__Exercise description__. Retype, word for word, each line between the lines holding "keep-IsDue base now [] = tt" and "((All-take (λ g.", inclusive, and leave the rest of the data alone.

__Available records__.
-- ===== src/Notify/DeadLetter/Budget.antt =====
-- The attempt budget of a dead letter.
use native.Mathlib.Nat.{le_refl, pow-suc}
use transaction_monitoring_s.Prelude.{
  ℕ, zero, suc, ◌+◌, ◌-◌, ◌*◌, ◌^◌, ◌≤◌, ◌<◌, min, ◌≡◌, refl, String, true, false, Option, none,
  some, List, [], ◌∷◌, arith, leb, Bool-cases, inl, inr, All, length, take, keep, leb→le, ◌∙◌,
}
use transaction_monitoring_s.Notify.Ledger.{Key, band_rank}
use transaction_monitoring_s.Notify.Ledger.Claims.{key_eq_refl}
use transaction_monitoring_s.Notify.DeadLetter.{
  Failed, find, update, escalate, record_failed_notification, is_due, count_failed_attempt,
  due_failed_notifications, first_failure, file, by_age, insert_by_age,
}

-- An update that keeps the key.
find-update :
    (k : Key) (g : Failed → Failed) (fs : List Failed) {f : Failed}
    → ((x : Failed) → (g x).key ≡ x.key)
    → find k fs ≡ some f
    → find k (update k g fs) ≡ some (g f)
unfolding find update
find-update k g [] keeps h = cc
find-update k g (x ∷ fs) {f} keeps h = ground (arith, find-update k g fs {f = f} keeps, keeps x)

escalate-key :
    (band : String) (r : ℕ) (payload : String) (group : Option String) (f : Failed)
    → (escalate band r payload group f).key ≡ f.key
unfolding escalate
escalate-key band r payload group f = ground arith

escalate-rank :
    (band : String) (r : ℕ) (payload : String) (group : Option String) (f : Failed)
    → r ≤ (escalate band r payload group f).rank
unfolding escalate
escalate-rank band r payload group f = ground arith

record-known :
    (now : ℕ) (k : Key) (band payload : String) (group : Option String) (fs : List Failed) {r : ℕ}
    → band_rank band ≡ some r
    → record_failed_notification now k band payload group fs
      ≡ file now k band payload group r (find k fs) fs
unfolding record_failed_notification
record-known now k band payload group fs h = ground arith

find-file :
    (now : ℕ) (k : Key) (band payload : String) (group : Option String) (r : ℕ) (o : Option Failed)
    (fs : List Failed)
    → find k fs ≡ o
    → (f : Failed) × (find k (file now k band payload group r o fs) ≡ some f) × (r ≤ f.rank)
find-file now k band payload group r none fs e =
    (first_failure now k band r payload group, unfold find in rw key_eq_refl, le_refl r)
find-file now k band payload group r (some f) fs e = (
  escalate band r payload group f,
  find-update k (escalate band r payload group) fs (escalate-key band r payload group) e,
  escalate-rank band r payload group f,
)

-- After an alert of a known band is dead-lettered its key has a row, at least at that band.
pub find-record_failed :
    (now : ℕ) (k : Key) (band payload : String) (group : Option String) (fs : List Failed) {r : ℕ}
    → band_rank band ≡ some r
    → (f : Failed) × (find k (record_failed_notification now k band payload group fs) ≡ some f)
      × (r ≤ f.rank)
find-record_failed now k band payload group fs {r} h =
    rw (record-known now k band payload group fs h)
      (find-file now k band payload group r (find k fs) fs refl)

pow-pos : (n : ℕ) → 1 ≤ 2 ^ n
pow-pos zero = omega arith
pow-pos (suc n) = omega (arith, pow-suc 2 n, pow-pos n)

le-backoff : (base n : ℕ) → base ≤ base * 2 ^ n
le-backoff base n = let p = pow-pos n in grind arith

not-due :
    (base now t : ℕ) (f : Failed)
    → f.last_attempt_at ≡ now
    → t < now + base
    → is_due base t f ≡ false
unfolding is_due
not-due base now t f e h = ground (arith, le-backoff base (min (f.attempts - 1) 6))

-- A failed attempt is counted and timed on the row of its key, retires the row exactly when the
-- count reaches the budget, and until one backoff base later the row is not due: no row can crowd
-- the others out of the sweep.
pub count_failed_attempt_lem :
    (max_attempts base now t : ℕ) (f : Failed) (fs : List Failed)
    → find f.key fs ≡ some f
    → t < now + base
    → (g : Failed) × (find f.key (count_failed_attempt max_attempts now f fs) ≡ some g)
      × (g.attempts ≡ f.attempts + 1)
      × (g.abandoned ≡ leb max_attempts (f.attempts + 1))
      × (is_due base t g ≡ false)
unfolding count_failed_attempt
count_failed_attempt_lem max_attempts base now t f fs e h =
    let g = record f {
      attempts = f.attempts + 1;
      last_attempt_at = now;
      abandoned = leb max_attempts (f.attempts + 1);
    } in
    (
      g,
      find-update f.key
          (λ x. record x {
            attempts = x.attempts + 1;
            last_attempt_at = now;
            abandoned = leb max_attempts (f.attempts + 1);
          })
          fs (λ x. refl) e,
      refl,
      refl,
      not-due base now t g refl h,
    )

escalate_lem :
    (band : String) (r : ℕ) (payload : String) (group : Option String) (f : Failed)
    → f.rank < r
    → escalate band r payload group f
      ≡ record f { band = band; rank = r; group = group; payload = payload; abandoned = false }
unfolding escalate
escalate_lem band r payload group f h = ground arith

-- An escalation, to a known higher band, of a row whose attempts are used up or one short of it
-- revives the row with the old count of attempts, so that its next failed attempt retires it
-- again.
pub escalation_budget :
    (max_attempts now later : ℕ) (band payload : String) (group : Option String) (f : Failed)
    (fs : List Failed) {r : ℕ}
    → band_rank band ≡ some r
    → f.rank < r
    → find f.key fs ≡ some f
    → max_attempts ≤ f.attempts + 1
    → (g : Failed) × (find f.key (record_failed_notification now f.key band payload group fs)
        ≡ some g)
      × (g.attempts ≡ f.attempts)
      × (g.abandoned ≡ false)
      × ((h : Failed) × (find f.key (
              count_failed_attempt max_attempts later g
                (record_failed_notification now f.key band payload group fs))
            ≡ some h)
          × (h.abandoned ≡ true))
escalation_budget max_attempts now later band payload group f fs {r} known higher there spent =
    let g = record f {
      band = band;
      rank = r;
      group = group;
      payload = payload;
      abandoned = false;
    } in
    let e : find f.key (record_failed_notification now f.key band payload group fs) ≡ some g =
      rw (record-known now f.key band payload group fs known, there)
        (find-update f.key (escalate band r payload group) fs (escalate-key band r payload group)
            there
          ∙ rw (escalate_lem band r payload group f higher)) in
    let (h, at, n, gone, d) =
      count_failed_attempt_lem max_attempts 1 later later g
        (record_failed_notification now f.key band payload group fs) e (omega arith) in
    (g, e, refl, refl, (h, at, rw gone (ground arith)))

-- Oldest first.
abbrev pub IsByAge : List Failed → Type 0
IsByAge [] = Unit
IsByAge (f ∷ fs) = All (λ g. f.first_failed_at ≤ g.first_failed_at) fs × IsByAge fs

abbrev pub IsDue : ℕ → ℕ → List Failed → Type 0
IsDue base now = All (λ f. is_due base now f ≡ true)

All-insert_by_age :
    (P : Failed → Type 0) (f : Failed) (fs : List Failed)
    → P f
    → All P fs
    → All P (insert_by_age f fs)
unfolding insert_by_age
All-insert_by_age P f [] h hs = (h, tt)
All-insert_by_age P f (g ∷ gs) h hs = elim (Bool-cases (leb f.first_failed_at g.first_failed_at)) [
  | inl le ↦ rw le (h, hs)
  | inr gt ↦ rw gt (hs.0, All-insert_by_age P f gs h hs.1)
]

All-le :
    (a b : ℕ) (gs : List Failed)
    → a ≤ b
    → All (λ g. b ≤ g.first_failed_at) gs
    → All (λ g. a ≤ g.first_failed_at) gs
All-le a b [] h hs = tt
All-le a b (g ∷ gs) h hs = (omega arith, All-le a b gs h hs.1)

insert_by_age-IsByAge : (f : Failed) (fs : List Failed) → IsByAge fs → IsByAge (insert_by_age f fs)
unfolding insert_by_age
insert_by_age-IsByAge f [] s = (tt, tt)
insert_by_age-IsByAge f (g ∷ gs) s = elim (Bool-cases (leb f.first_failed_at g.first_failed_at)) [
  | inl le ↦
      let h = leb→le f.first_failed_at g.first_failed_at le in
      rw le ((h, All-le f.first_failed_at g.first_failed_at gs h s.0), s)
  | inr gt ↦ rw gt (
    All-insert_by_age (λ x. g.first_failed_at ≤ x.first_failed_at) f gs (ground arith) s.0,
    insert_by_age-IsByAge f gs s.1,
  )
]

by_age_lem :
    (base now : ℕ) (fs : List Failed)
    → IsDue base now fs
    → IsByAge (by_age fs) × IsDue base now (by_age fs)
unfolding by_age
by_age_lem base now [] h = (tt, tt)
by_age_lem base now (f ∷ fs) h =
    let (s, d) = by_age_lem base now fs h.1 in
    (
      insert_by_age-IsByAge f (by_age fs) s,
      All-insert_by_age (λ x. is_due base now x ≡ true) f (by_age fs) h.0 d,
    )

keep-IsDue : (base now : ℕ) (fs : List Failed) → IsDue base now (keep (is_due base now) fs)
keep-IsDue base now [] = tt
keep-IsDue base now (f ∷ fs) = ground (arith, keep-IsDue base now fs)

All-take : (P : Failed → Type 0) (n : ℕ) (fs : List Failed) → All P fs → All P (take n fs)
All-take P zero fs h = tt
All-take P (suc n) [] h = tt
All-take P (suc n) (f ∷ fs) h = (h.0, All-take P n fs h.1)

take_lem : (n : ℕ) (fs : List Failed) → IsByAge fs → IsByAge (take n fs) × (length (take n fs) ≤ n)
take_lem zero fs s = (tt, omega arith)
take_lem (suc n) [] s = (tt, omega arith)
take_lem (suc n) (f ∷ fs) s =
    let (t, l) = take_lem n fs s.1 in
    ((All-take (λ g. f.first_failed_at ≤ g.first_failed_at) n fs s.0, t), omega arith)

-- The sweep reads at most `limit` rows, all due and none abandoned, oldest first.
due_failed_notifications_lem :
    (base limit now : ℕ) (fs : List Failed)
    → IsByAge (due_failed_notifications base limit now fs)
      × IsDue base now (due_failed_notifications base limit now fs)
      × (length (due_failed_notifications base limit now fs) ≤ limit)
unfolding due_failed_notifications
due_failed_notifications_lem base limit now fs =
    let (s, d) = by_age_lem base now (keep (is_due base now) fs) (keep-IsDue base now fs) in
    let (t, l) = take_lem limit (by_age (keep (is_due base now) fs)) s in
    (t, All-take (λ f. is_due base now f ≡ true) limit (by_age (keep (is_due base now) fs)) d, l)
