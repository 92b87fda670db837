-- ===== src/Notify/Triggers.antt =====
-- backend/app/notifications/triggers.py, with the accessors of backend/app/notifications/config.py
-- that it calls. The loaded config document is a record; a recipient entry is already split at its
-- `group:` prefix, and an absent key of the document is the default that the code reads for it.
pub mod Routing
use transaction_monitoring_s.Prelude.{
  String, Bool, true, false, Option, none, some, List, [], ◌∷◌, ◌++◌, str_eq, ◌&&◌, ◌||◌, not, any,
  if◌then◌else◌,
}
use transaction_monitoring_s.Prelude.Assoc.{Assoc, lookup}

pub data Recipient : Type 0 where
  address : String → Recipient
  group : String → Recipient

pub record Rule : Type 0 where
  pub band : String
  pub attack_classes : List String
  pub channels : List String
  pub recipients : Assoc (List Recipient)
  pub webhook_url : String

pub record Channel : Type 0 where
  pub enabled : Bool
  pub recipients : List Recipient
  pub default_url : String

pub record Config : Type 0 where
  pub channels : Assoc Channel
  pub rules : List Rule
  pub defaults : Assoc (List String)
  pub groups : Assoc (List String)

-- `base.Dispatch`
pub record Dispatch : Type 0 where
  pub channel : String
  pub recipients : List String
  pub webhook_url : Option String

-- `x in xs`
abbrev pub mem : String → List String → Bool
mem x = any (λ y. str_eq y x)

unfoldable pub channel_enabled : Config → String → Bool
channel_enabled c name = elim (lookup name c.channels) [ none ↦ false | some spec ↦ spec.enabled ]

-- The members of one entry; an unknown group has none.
abbrev pub members : Config → Recipient → List String
members c (address a) = a ∷ []
members c (group alias) = elim (lookup alias c.groups) [ none ↦ [] | some ms ↦ ms ]

-- The inner loop: what is not in `seen` is appended.
unfoldable pub add_unseen : List String → List String → List String
add_unseen out [] = out
add_unseen out (m ∷ ms) = add_unseen (if mem m out then out else out ++ m ∷ []) ms

unfoldable pub expand : Config → List String → List Recipient → List String
unfolding add_unseen
expand c out [] = out
expand c out (r ∷ rs) = expand c (add_unseen out (members c r)) rs

-- `seen` always has the elements of `out`.
unfoldable pub resolve_recipients : Config → List Recipient → List String
unfolding expand
resolve_recipients c rs = expand c [] rs

unfoldable pub channel_recipients : Config → String → List String
unfolding resolve_recipients
channel_recipients c name =
    resolve_recipients c (elim (lookup name c.channels) [ none ↦ [] | some spec ↦ spec.recipients ])

unfoldable pub webhook_default_url : Config → String
webhook_default_url c = elim (lookup "webhook" c.channels) [
  | none ↦ ""
  | some spec ↦ spec.default_url
]

unfoldable pub rule_matches : String → String → Rule → Bool
rule_matches band attack_class rule = str_eq rule.band band && mem attack_class rule.attack_classes

-- The loop of `_match_rule`, from what matched so far.
unfoldable pub match_from : Option Rule → String → String → List Rule → Option Rule
unfolding rule_matches
match_from matched band attack_class [] = matched
match_from matched band attack_class (rule ∷ rules) =
    match_from (if rule_matches band attack_class rule then some rule else matched) band
      attack_class rules

unfoldable pub match_rule : List Rule → String → String → Option Rule
unfolding match_from
match_rule rules band attack_class = match_from none band attack_class rules

unfoldable pub selection : Config → String → String → Option Rule × List String
selection c band attack_class = elim (match_rule c.rules band attack_class) [
  | some rule ↦ (some rule, rule.channels)
  | none ↦ (none, elim (lookup band c.defaults) [ none ↦ [] | some names ↦ names ])
]

unfoldable pub selected_channels : Config → String → String → List String
selected_channels c band attack_class = (selection c band attack_class).1

unfoldable pub resolve_rule_recipients : Config → String → Option Rule → List String
unfolding channel_recipients
resolve_rule_recipients c channel none = channel_recipients c channel
resolve_rule_recipients c channel (some rule) = elim (lookup channel rule.recipients) [
  | none ↦ channel_recipients c channel
  | some override ↦ resolve_recipients c override
]

-- `url or None`
abbrev pub or_none : String → Option String
or_none url = if str_eq url "" then none else some url

abbrev pub rule_url : Config → Option Rule → Option String
rule_url c none = or_none (webhook_default_url c)
rule_url c (some rule) =
    if str_eq rule.webhook_url "" then or_none (webhook_default_url c) else some rule.webhook_url

unfoldable pub resolve_webhook_url : Config → String → Option Rule → Option String
unfolding webhook_default_url
resolve_webhook_url c channel rule = if str_eq channel "webhook" then rule_url c rule else none

-- `not recipients and not webhook_url`
abbrev pub has_target : List String → Option String → Bool
has_target [] none = false
has_target [] (some url) = not (str_eq url "")
has_target (r ∷ rs) url = true

-- One round of the loop of `resolve_dispatch`.
unfoldable pub route : Config → Option Rule → String → Option Dispatch
route c rule name =
    let recipients = resolve_rule_recipients c name rule in
    let webhook_url = resolve_webhook_url c name rule in
    if not (channel_enabled c name)
    then none
    else if has_target recipients webhook_url
    then some (record { channel = name; recipients = recipients; webhook_url = webhook_url })
    else none

abbrev pub cons? : Option Dispatch → List Dispatch → List Dispatch
cons? none ds = ds
cons? (some d) ds = d ∷ ds

unfoldable pub route_all : Config → Option Rule → List String → List Dispatch
route_all c rule [] = []
route_all c rule (name ∷ names) = cons? (route c rule name) (route_all c rule names)

unfoldable pub resolve_dispatch : Config → String → String → List Dispatch
resolve_dispatch c band attack_class =
    let (rule, names) = selection c band attack_class in route_all c rule names
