-- ===== src/Notify/Delivery.antt =====
-- `_deliver_with_dedup` of backend/app/notifications/__init__.py and `dispatch` of
-- backend/app/notifications/dispatcher.py. What the outside does during one delivery (the channels,
-- the database errors, the clock at each statement) is an `Env`; the audit row and the log lines
-- are left out.
pub mod Recall
pub mod Once
use transaction_monitoring_s.Prelude.{
  ℕ, String, Bool, true, false, Option, none, some, List, [], ◌∷◌, leb, ◌&&◌, not, any,
  if◌then◌else◌,
}
use transaction_monitoring_s.Notify.Ledger.{
  Key, Claims, already_notified, already_notified_group, claim_notification,
  claim_notification_group,
}
use transaction_monitoring_s.Notify.DeadLetter.{Failed, record_failed_notification}
use transaction_monitoring_s.Notify.Triggers.{Dispatch}

-- What `channel.send` does: returns a result, or raises (a timeout included).
pub data Send : Type 0 where
  ok : Send
  skipped : Send
  not_ok : Send
  raises : Send

pub record Channel : Type 0 where
  pub is_enabled : Bool
  pub handles : Bool
  pub send : Send

-- `registry.get_channel`
abbrev pub Registry : Type 0
Registry = String → Option Channel

abbrev pub is_ok : Send → Bool
is_ok ok = true
is_ok _ = false

-- `_send_one`, as far as its result says that the payload was delivered or not.
unfoldable pub send_one : Registry → Dispatch → Send
send_one registry d = elim (registry d.channel) [
  | none ↦ skipped
  | some c ↦
      if not c.is_enabled
      then skipped
      else if not c.handles
      then skipped
      else elim c.send [ raises ↦ not_ok | ok ↦ ok | skipped ↦ skipped | not_ok ↦ not_ok ]
]

-- True iff a channel delivered; of no dispatches none did.
unfoldable pub dispatch : Registry → List Dispatch → Bool
dispatch registry = any (λ d. is_ok (send_one registry d))

pub record Env : Type 0 where
  pub registry : Registry
  pub check_raises : Bool
  pub group_check_raises : Bool
  pub record_raises : Bool
  pub claim_raises : Bool
  pub group_claim_raises : Bool
  pub checked_at : ℕ
  pub recorded_at : ℕ
  pub claimed_at : ℕ

pub record Store : Type 0 where
  pub alerts : Claims
  pub groups : Claims
  pub failed : List Failed

-- One alert, as `_deliver_with_dedup` is called with it.
pub record Alert : Type 0 where
  pub key : Key
  pub band : String
  pub payload : String
  pub dispatches : List Dispatch
  pub group : Option String

-- `DELIVER_DUPLICATE`, `DELIVER_SENT`, `DELIVER_FAILED`
pub data Status : Type 0 where
  duplicate sent failed : Status

-- The group of an alert, if grouping is on.
abbrev pub effective_group : ℕ → Alert → Option String
effective_group window_minutes a = if leb window_minutes 0 then none else a.group

abbrev pub group_key : Key → String → Key
group_key k g = record k { subject = g }

-- The two reads before the delivery. A read that raises suppresses nothing.
unfoldable pub is_duplicate : Env → Alert → Store → Bool
is_duplicate env a s = not env.check_raises && already_notified a.key a.band s.alerts

abbrev pub collapsed_by : Env → ℕ → Alert → Store → Option String → Bool
collapsed_by env window_minutes a s none = false
collapsed_by env window_minutes a s (some g) =
    not env.group_check_raises
    && already_notified_group env.checked_at (group_key a.key g) a.band window_minutes s.groups

unfoldable pub is_collapsed : Env → ℕ → Alert → Store → Bool
is_collapsed env window_minutes a s =
    collapsed_by env window_minutes a s (effective_group window_minutes a)

-- The writes after a delivery, and after a failed one.
unfoldable pub record_claims : Env → ℕ → Alert → Store → Store
record_claims env window_minutes a s =
    let alerts' =
      if env.claim_raises
      then s.alerts
      else (claim_notification env.claimed_at a.key a.band s.alerts).0 in
    let groups' : Claims = elim (effective_group window_minutes a) [
      | none ↦ s.groups
      | some g ↦
          if env.group_claim_raises
          then s.groups
          else claim_notification_group env.claimed_at (group_key a.key g) a.band s.groups
    ] in
    record s { alerts = alerts'; groups = groups' }

unfoldable pub dead_letter : Env → ℕ → Alert → Bool → Store → Store
dead_letter env window_minutes a record_failure s =
    if record_failure && not env.record_raises
    then record s {
      failed =
          record_failed_notification env.recorded_at a.key a.band a.payload
            (effective_group window_minutes a) s.failed;
    }
    else s

unfoldable pub deliver_with_dedup : Env → ℕ → Alert → Bool → Store → Store × Status
deliver_with_dedup env window_minutes a record_failure s =
    if is_duplicate env a s
    then (s, duplicate)
    else if is_collapsed env window_minutes a s
    then (s, duplicate)
    else if dispatch env.registry a.dispatches
    then (record_claims env window_minutes a s, sent)
    else (dead_letter env window_minutes a record_failure s, failed)
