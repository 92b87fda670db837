-- ===== src/Notify/Delivery/Once.antt =====
-- An alert that was sent is not sent again, and an escalation always is.
use transaction_monitoring_s.Prelude.{
  ℕ, ◌≤◌, ◌<◌, ◌≡◌, refl, String, Bool, true, false, Option, none, some, arith,
}
use transaction_monitoring_s.Notify.Ledger.{
  Claim, Key, Claims, band_rank, already_notified, already_notified_group,
}
use transaction_monitoring_s.Notify.Ledger.Claims.{claim-already_notified}
use transaction_monitoring_s.Notify.Delivery.{
  Env, Store, Alert, duplicate, sent, dispatch, group_key, is_duplicate, collapsed_by,
  record_claims, deliver_with_dedup,
}

already_notified_mono :
    (k : Key) (band lower : String) (m : Claims) {r q : ℕ}
    → band_rank band ≡ some r
    → band_rank lower ≡ some q
    → q ≤ r
    → already_notified k band m ≡ true
    → already_notified k lower m ≡ true
unfolding already_notified
already_notified_mono k band lower m h l le e = ground arith

sent-dispatch :
    (env : Env) (w : ℕ) (a : Alert) (b : Bool) (s : Store)
    → (deliver_with_dedup env w a b s).1 ≡ sent
    → ((deliver_with_dedup env w a b s).0 ≡ record_claims env w a s)
      × (dispatch env.registry a.dispatches ≡ true)
unfolding deliver_with_dedup
sent-dispatch env w a b s e = ground arith

record_claims-notified :
    (env : Env) (w : ℕ) (a : Alert) (s : Store) {r : ℕ}
    → band_rank a.band ≡ some r
    → env.claim_raises ≡ false
    → already_notified a.key a.band (record_claims env w a s).alerts ≡ true
unfolding record_claims
record_claims-notified env w a s h quiet =
    rw quiet (claim-already_notified env.claimed_at a.key a.band s.alerts h).1

-- After a delivery of a known band that was sent and whose claim was written, a second one of the
-- same transaction and source, at the same or a lower known band, is a duplicate, whatever the
-- channels or the group would do, if its dedup check does not raise.
pub sent-once :
    (env next : Env) (w w' : ℕ) (a again : Alert) (b b' : Bool) (s : Store) {r q : ℕ}
    → band_rank a.band ≡ some r
    → band_rank again.band ≡ some q
    → q ≤ r
    → again.key ≡ a.key
    → env.claim_raises ≡ false
    → next.check_raises ≡ false
    → (deliver_with_dedup env w a b s).1 ≡ sent
    → (deliver_with_dedup next w' again b' (deliver_with_dedup env w a b s).0).1 ≡ duplicate
sent-once env next w w' a again b b' s h l le key quiet quiet' e =
    let s' = (deliver_with_dedup env w a b s).0 in
    let n : already_notified a.key a.band s'.alerts ≡ true =
      rw ((sent-dispatch env w a b s e).0) (record_claims-notified env w a s h quiet) in
    let n' : already_notified again.key again.band s'.alerts ≡ true =
      rw key (already_notified_mono a.key a.band again.band s'.alerts h l le n) in
    let d : is_duplicate next again s' ≡ true = unfold is_duplicate in ground arith in
    unfold deliver_with_dedup in rw d

-- A claim, if there is one, is below the band.
abbrev pub IsBelow : ℕ → Option Claim → Type 0
IsBelow r none = Unit
IsBelow r (some c) = c.rank < r

already_notified-below :
    (k : Key) (band : String) (m : Claims) {r : ℕ}
    → band_rank band ≡ some r
    → IsBelow r (m k)
    → already_notified k band m ≡ false
unfolding already_notified
already_notified-below k band m h below = ground arith

already_notified_group-below :
    (now : ℕ) (k : Key) (band : String) (w : ℕ) (m : Claims) {r : ℕ}
    → band_rank band ≡ some r
    → IsBelow r (m k)
    → already_notified_group now k band w m ≡ false
unfolding already_notified_group
already_notified_group-below now k band w m h below = ground arith

-- The claim of the group, if grouping is on.
abbrev pub group_claim : Alert → Store → Option String → Option Claim
group_claim a s none = none
group_claim a s (some g) = s.groups (group_key a.key g)

collapsed_by-below :
    (env : Env) (w : ℕ) (a : Alert) (s : Store) (o : Option String) {r : ℕ}
    → band_rank a.band ≡ some r
    → IsBelow r (group_claim a s o)
    → collapsed_by env w a s o ≡ false
collapsed_by-below env w a s none h below = refl
collapsed_by-below env w a s (some g) h below =
    rw (already_notified_group-below env.checked_at (group_key a.key g) a.band w s.groups h below)
      (ground arith)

__Exercise output__.
keep-IsDue base now [] = tt
keep-IsDue base now (f ∷ fs) = ground (arith, keep-IsDue base now fs)

All-take : (P : Failed → Type 0) (n : ℕ) (fs : List Failed) → All P fs → All P (take n fs)
All-take P zero fs h = tt
All-take P (suc n) [] h = tt
All-take P (suc n) (f ∷ fs) h = (h.0, All-take P n fs h.1)

take_lem : (n : ℕ) (fs : List Failed) → IsByAge fs → IsByAge (take n fs) × (length (take n fs) ≤ n)
take_lem zero fs s = (tt, omega arith)
take_lem (suc n) [] s = (tt, omega arith)
take_lem (suc n) (f ∷ fs) s =
    let (t, l) = take_lem n fs s.1 in
    ((All-take (λ g. f.first_failed_at ≤ g.first_failed_at) n fs s.0, t), omega arith)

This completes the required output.